YOUR ASSIGNMENT:
Every line in the records below that holds the word "cases" is to be copied.

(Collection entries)
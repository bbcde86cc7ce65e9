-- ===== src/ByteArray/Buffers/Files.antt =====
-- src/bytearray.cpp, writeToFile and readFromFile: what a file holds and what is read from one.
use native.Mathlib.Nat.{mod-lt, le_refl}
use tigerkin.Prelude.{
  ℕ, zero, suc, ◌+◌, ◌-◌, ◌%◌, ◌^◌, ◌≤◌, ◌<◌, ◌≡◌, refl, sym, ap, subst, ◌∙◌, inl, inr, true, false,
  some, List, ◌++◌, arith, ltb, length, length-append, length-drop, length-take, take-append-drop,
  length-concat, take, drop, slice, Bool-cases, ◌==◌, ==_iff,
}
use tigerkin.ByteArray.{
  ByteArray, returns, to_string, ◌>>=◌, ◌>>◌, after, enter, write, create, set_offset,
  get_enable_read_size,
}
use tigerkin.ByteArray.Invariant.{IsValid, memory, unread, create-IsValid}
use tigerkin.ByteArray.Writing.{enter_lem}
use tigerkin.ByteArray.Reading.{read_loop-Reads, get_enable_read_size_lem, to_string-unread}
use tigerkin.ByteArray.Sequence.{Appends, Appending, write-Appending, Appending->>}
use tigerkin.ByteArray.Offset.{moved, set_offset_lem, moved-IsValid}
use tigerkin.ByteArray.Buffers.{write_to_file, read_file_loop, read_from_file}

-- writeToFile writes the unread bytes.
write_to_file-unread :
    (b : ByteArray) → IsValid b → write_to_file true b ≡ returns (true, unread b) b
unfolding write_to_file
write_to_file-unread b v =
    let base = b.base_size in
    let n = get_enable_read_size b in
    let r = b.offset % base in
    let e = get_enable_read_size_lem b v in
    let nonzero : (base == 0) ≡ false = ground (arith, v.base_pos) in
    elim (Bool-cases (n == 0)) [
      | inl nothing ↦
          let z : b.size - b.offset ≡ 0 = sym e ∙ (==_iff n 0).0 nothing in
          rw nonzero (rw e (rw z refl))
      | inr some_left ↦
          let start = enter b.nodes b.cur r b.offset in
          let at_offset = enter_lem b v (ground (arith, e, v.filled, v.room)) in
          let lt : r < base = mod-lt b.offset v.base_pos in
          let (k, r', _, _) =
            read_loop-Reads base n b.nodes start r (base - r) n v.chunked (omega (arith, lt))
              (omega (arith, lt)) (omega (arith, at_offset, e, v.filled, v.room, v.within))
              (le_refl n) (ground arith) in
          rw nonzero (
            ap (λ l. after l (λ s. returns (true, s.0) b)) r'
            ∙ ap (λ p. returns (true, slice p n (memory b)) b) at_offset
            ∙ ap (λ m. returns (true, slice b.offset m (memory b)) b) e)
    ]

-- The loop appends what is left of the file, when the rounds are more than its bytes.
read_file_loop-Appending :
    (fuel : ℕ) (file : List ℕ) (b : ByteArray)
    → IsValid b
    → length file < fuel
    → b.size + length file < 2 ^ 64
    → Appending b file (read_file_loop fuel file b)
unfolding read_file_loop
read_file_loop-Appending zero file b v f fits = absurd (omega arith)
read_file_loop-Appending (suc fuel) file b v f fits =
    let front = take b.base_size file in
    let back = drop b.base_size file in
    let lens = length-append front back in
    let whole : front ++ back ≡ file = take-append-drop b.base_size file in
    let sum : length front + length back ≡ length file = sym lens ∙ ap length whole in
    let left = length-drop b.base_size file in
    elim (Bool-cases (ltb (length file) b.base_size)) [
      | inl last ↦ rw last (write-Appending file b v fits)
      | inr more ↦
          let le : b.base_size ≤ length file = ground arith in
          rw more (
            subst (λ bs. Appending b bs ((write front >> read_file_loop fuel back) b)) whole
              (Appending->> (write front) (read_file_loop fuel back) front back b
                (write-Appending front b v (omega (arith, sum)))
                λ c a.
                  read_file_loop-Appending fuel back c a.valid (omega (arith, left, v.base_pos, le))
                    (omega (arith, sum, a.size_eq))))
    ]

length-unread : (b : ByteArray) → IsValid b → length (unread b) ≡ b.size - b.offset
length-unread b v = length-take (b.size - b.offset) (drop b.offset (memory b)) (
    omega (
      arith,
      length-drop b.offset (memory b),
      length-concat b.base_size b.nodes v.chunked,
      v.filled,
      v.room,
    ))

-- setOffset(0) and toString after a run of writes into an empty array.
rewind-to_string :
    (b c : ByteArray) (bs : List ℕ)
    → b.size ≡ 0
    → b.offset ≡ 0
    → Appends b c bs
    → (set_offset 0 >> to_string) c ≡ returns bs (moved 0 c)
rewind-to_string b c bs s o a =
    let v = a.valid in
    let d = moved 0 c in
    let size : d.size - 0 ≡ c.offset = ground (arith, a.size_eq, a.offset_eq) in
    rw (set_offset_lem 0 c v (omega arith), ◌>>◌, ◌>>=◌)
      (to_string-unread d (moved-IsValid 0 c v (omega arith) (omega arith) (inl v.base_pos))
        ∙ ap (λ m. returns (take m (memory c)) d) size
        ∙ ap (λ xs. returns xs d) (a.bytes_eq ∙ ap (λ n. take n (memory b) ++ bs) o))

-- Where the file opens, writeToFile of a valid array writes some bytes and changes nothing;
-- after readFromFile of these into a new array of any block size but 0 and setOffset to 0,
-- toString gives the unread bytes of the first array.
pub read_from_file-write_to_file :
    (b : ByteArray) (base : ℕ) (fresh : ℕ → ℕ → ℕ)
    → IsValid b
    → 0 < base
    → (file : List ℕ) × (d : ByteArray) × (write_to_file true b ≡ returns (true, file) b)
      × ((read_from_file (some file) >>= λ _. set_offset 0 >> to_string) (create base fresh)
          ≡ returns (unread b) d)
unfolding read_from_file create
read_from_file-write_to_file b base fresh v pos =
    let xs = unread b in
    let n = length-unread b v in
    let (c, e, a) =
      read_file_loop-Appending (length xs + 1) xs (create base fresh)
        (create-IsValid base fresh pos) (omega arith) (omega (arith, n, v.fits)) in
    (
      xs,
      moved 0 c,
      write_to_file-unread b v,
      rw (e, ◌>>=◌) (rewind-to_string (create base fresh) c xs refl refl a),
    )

COMPLETED TASK:
  length-concat, take, drop, slice, Bool-cases, ◌==◌, ==_iff,
    elim (Bool-cases (n == 0)) [
    elim (Bool-cases (ltb (length file) b.base_size)) [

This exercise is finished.